Well, I do. A few years ago, I got involved with a fund that is a part of the National Network of Abortion Funds. For the uninitiated, women who have decided to have an abortion can contact an abortion fund to receive financial assistance in order to pay for the procedure.
"But the media tells me abortions are cheap and easy to come by!" I hear you say. Au contraire! There is no federal medical assistance available to pay for abortion thanks to the Hyde Amendment, and state assistance is difficult to come by unless you're lucky enough to live in one of the 17 light green states on this map:
And good luck getting connected with a private insurer that will cover a procedure. Thus, the advent of the volunteer-run, privately funded, abortion fund.
It's not an easy slog. The fund I am involved with raised over $25,000 this past fiscal year, yet provided over $40,000 in grants to women in need. Were it not for a substantial balance left over from past years, we'd have been broke by December.
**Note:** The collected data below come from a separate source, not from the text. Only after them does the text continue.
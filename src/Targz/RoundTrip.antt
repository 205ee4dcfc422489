-- ===== src/Targz/RoundTrip.antt =====
-- What the writer of esp-idf/src/targz.cpp puts into an archive, its reader announces again.
pub mod Entry
use spangap_core.Base.{
  ℕ, zero, suc, ◌+◌, ◌-◌, ◌*◌, ◌%◌, ◌^◌, ◌≤◌, ◌<◌, ◌≡◌, ◌≢◌, ◌∙◌, refl, ap, sym, subst, inl, inr,
  ◌⊎◌, Option, none, some, List, [], ◌∷◌, ◌++◌, Bool, true, false, not, Bool-cases, arith, ltb, leb,
  ◌==◌, ◌&&◌, ◌||◌, if◌then◌else◌, All, All-append, length, take, drop, get_or, replicate,
  length-append, length-replicate, append_assoc, append-nil, take-append, drop-append, take-all,
  drop-all, lt→ltb, le→ltb, eq→==, ne→==,
}
use spangap_core.Targz.Octal.{octal_value, octal_field, octal_value-octal_field}
use spangap_core.Targz.Header.{
  Ustar, HasWidths, to_bytes, of_bytes, before_chksum, after_chksum, fill_header, seal_header,
  header_checksum,
}
use spangap_core.Targz.Header.Laws.{
  HasBytes, IsByte, length-to_bytes, of_bytes-to_bytes, seal_header-HasWidths, seal_header-verifies,
  fill_header-HasWidths, fill_header-HasBytes,
}
use spangap_core.Targz.Names.{slash, set_entry_name, safe_entry_name, entry_name}
use spangap_core.Targz.Names.RoundTrip.{NoNul, entry_name-set_entry_name}
use spangap_core.Targz.Names.Safe.{safe_entry_name_iff, IsSafe}
use spangap_core.Targz.Names.Keeps.{
  set_entry_name-HasWidths, set_entry_name-HasBytes, set_entry_name-SameBody, SameBody,
}
use spangap_core.Targz.Tar.{
  Err, ok, TarStage, tar_hdr, tar_data, tar_pad, Callbacks, Tar, all_zero, strip_slashes, pad_of,
  tar_header, accept, named_entry, announce, open_entry, end_entry,
}

all_zero-false : (xs ys : List ℕ) → all_zero ys ≡ false → all_zero (xs ++ ys) ≡ false
unfolding all_zero
all_zero-false [] ys h = h
all_zero-false (x ∷ xs) ys h = rw (all_zero-false xs ys h) (ground arith)

-- A block with an entry type is not one of the zero blocks that end an archive.
not_zero_block : (h : Ustar) → h.typeflag ≢ 0 → all_zero (to_bytes h) ≡ false
unfolding to_bytes after_chksum
not_zero_block h t =
    all_zero-false (before_chksum h) _ (all_zero-false h.chksum _ (flag h.typeflag _ t))
  where
    flag : (c : ℕ) (rest : List ℕ) → c ≢ 0 → all_zero (c ∷ rest) ≡ false
    flag c rest ne = unfold all_zero in ground arith

entry_name-seal_header : (h : Ustar) → entry_name (seal_header h) ≡ entry_name h
unfolding entry_name seal_header
entry_name-seal_header h = refl

module _ (cb : Callbacks) (r : Tar cb.Ctx) where
  -- The reader takes a sealed header for what it is.
  tar_header-sealed :
      (h : Ustar) (path : List ℕ)
      → HasWidths h
      → HasBytes h
      → h.typeflag ≢ 0
      → entry_name h ≡ some path
      → tar_header cb r (to_bytes (seal_header h))
        ≡ named_entry cb (record r { zero_blocks = 0 }) (seal_header h) path
  unfolding tar_header accept
  tar_header-sealed h path v b t e = rw (
    not_zero_block (seal_header h) (unfold seal_header in t),
    of_bytes-to_bytes (seal_header h) (seal_header-HasWidths h v),
    eq→== _ _ (seal_header-verifies h v b),
    entry_name-seal_header h,
    e,
  )

  -- A file is announced under its name and with its size.
  named_entry-file :
      (h : Ustar) (name : List ℕ) (size : ℕ)
      → h.typeflag ≡ 48
      → octal_value h.size ≡ size
      → strip_slashes name ≡ name
      → safe_entry_name name ≡ true
      → named_entry cb r h name ≡ announce cb r false name size
  unfolding named_entry
  named_entry-file h name size t s st safe =
      rw (t, st, le→ltb (length name) (length name) (omega arith), safe, s)

  named_entry-dir :
      (h : Ustar) (path name : List ℕ) (size : ℕ)
      → h.typeflag ≡ 53
      → octal_value h.size ≡ size
      → strip_slashes path ≡ name
      → safe_entry_name name ≡ true
      → named_entry cb r h path ≡ announce cb r true name size
  unfolding named_entry
  named_entry-dir h path name size t s st safe = rw (t, st, safe, s)

-- A path that the archive can carry: no NUL in its bytes, safe to write, and named without a slash at
-- its end.
pub record IsEntryName (name : List ℕ) : Type 0 where
  pub no_nul : NoNul name
  pub are_bytes : All IsByte name
  pub is_safe : safe_entry_name name ≡ true
  pub unslashed : strip_slashes name ≡ name

safe-relative : (name : List ℕ) → safe_entry_name name ≡ true → get_or name 0 0 ≢ slash
safe-relative name h = ((safe_entry_name_iff name).0 h).relative

fresh_flag : (t size mtime : ℕ) → (fill_header t size mtime).typeflag ≡ t
unfolding fill_header
fresh_flag t size mtime = refl

fresh_size : (t size mtime : ℕ) → size < 2 ^ 32 → octal_value (fill_header t size mtime).size ≡ size
unfolding fill_header
fresh_size t size mtime h =
    subst (λ x. octal_value x ≡ size) (append-nil (octal_field 12 size))
      (octal_value-octal_field 12 size [] (omega arith) (omega arith))

module _ (cb : Callbacks) (r : Tar cb.Ctx) where
  -- The header block that `targzWriterAddFile` writes for a path that the archive can carry makes the
  -- reader announce a file of that path and size.
  pub tar_header-add_file :
      (name : List ℕ) (size mtime : ℕ) (h : Ustar)
      → IsEntryName name
      → size < 2 ^ 32
      → set_entry_name (fill_header 48 size mtime) name ≡ some h
      → tar_header cb r (to_bytes (seal_header h))
        ≡ announce cb (record r { zero_blocks = 0 }) false name size
  tar_header-add_file name size mtime h n lt e =
      let f = fill_header 48 size mtime in
      let same = set_entry_name-SameBody f h name e in
      tar_header-sealed cb r h name
        (set_entry_name-HasWidths f h name (fill_header-HasWidths 48 size mtime) e)
        (set_entry_name-HasBytes f h name (fill_header-HasBytes 48 size mtime (omega arith))
          n.are_bytes e)
        (λ z. omega (arith, z, same.typeflag, fresh_flag 48 size mtime))
        (entry_name-set_entry_name name f h n.no_nul (unfold fill_header in refl)
          (unfold fill_header in refl) (safe-relative name n.is_safe) e)
      ∙ named_entry-file cb (record r { zero_blocks = 0 }) (seal_header h) name size
          (unfold seal_header in same.typeflag ∙ fresh_flag 48 size mtime)
          (unfold seal_header in ap octal_value same.size ∙ fresh_size 48 size mtime lt) n.unslashed
          n.is_safe

strip_slashes-append : (name : List ℕ) → strip_slashes (name ++ (slash ∷ [])) ≡ strip_slashes name
unfolding strip_slashes
strip_slashes-append [] = refl
strip_slashes-append (c ∷ name) = rw (strip_slashes-append name)

relative-append : (name : List ℕ) → IsSafe name → get_or (name ++ (slash ∷ [])) 0 0 ≢ slash
relative-append [] s = absurd (s.some_bytes refl)
relative-append (c ∷ name) s = s.relative

NoNul-append : (name : List ℕ) → NoNul name → NoNul (name ++ (slash ∷ []))
NoNul-append [] h = (λ e. omega (arith, e), tt)
NoNul-append (c ∷ name) (h, hs) = (h, NoNul-append name hs)

module _ (cb : Callbacks) (r : Tar cb.Ctx) where
  -- The header block that `targzWriterAddDir` writes makes the reader announce a directory of that path.
  pub tar_header-add_dir :
      (name : List ℕ) (mtime : ℕ) (h : Ustar)
      → IsEntryName name
      → set_entry_name (fill_header 53 0 mtime) (name ++ (slash ∷ [])) ≡ some h
      → tar_header cb r (to_bytes (seal_header h))
        ≡ announce cb (record r { zero_blocks = 0 }) true name 0
  tar_header-add_dir name mtime h n e =
      let f = fill_header 53 0 mtime in
      let path = name ++ (slash ∷ []) in
      let same = set_entry_name-SameBody f h path e in
      tar_header-sealed cb r h path
        (set_entry_name-HasWidths f h path (fill_header-HasWidths 53 0 mtime) e)
        (set_entry_name-HasBytes f h path (fill_header-HasBytes 53 0 mtime (omega arith))
          (All-append IsByte name (slash ∷ []) n.are_bytes (omega arith)) e)
        (λ z. omega (arith, z, same.typeflag, fresh_flag 53 0 mtime))
        (entry_name-set_entry_name path f h (NoNul-append name n.no_nul)
          (unfold fill_header in refl) (unfold fill_header in refl)
          (relative-append name ((safe_entry_name_iff name).0 n.is_safe)) e)
      ∙ named_entry-dir cb (record r { zero_blocks = 0 }) (seal_header h) path name 0
          (unfold seal_header in same.typeflag ∙ fresh_flag 53 0 mtime)
          (unfold seal_header in ap octal_value same.size ∙ fresh_size 53 0 mtime (omega arith))
          (strip_slashes-append name ∙ n.unslashed) n.is_safe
Many funds are not so lucky, and end up having to resort to personal phone calls and emails to try and raise funds. Nation writer Katha Pollitt wrote a great article about just such an appeal recently. Unfortunately, the need was not new, and the story not unique:
"We need $400 more in order to pay the fee $850 fee of a 2nd trimester patient who HAS to be seen tomorrow, or she'll be too far along to be seen in the state of Tennessee. In that case, her fee will increase even more and have to pay the traveling expenses, as well.
"She's raised $250 and we have given the clinic $200 on her behalf thus far.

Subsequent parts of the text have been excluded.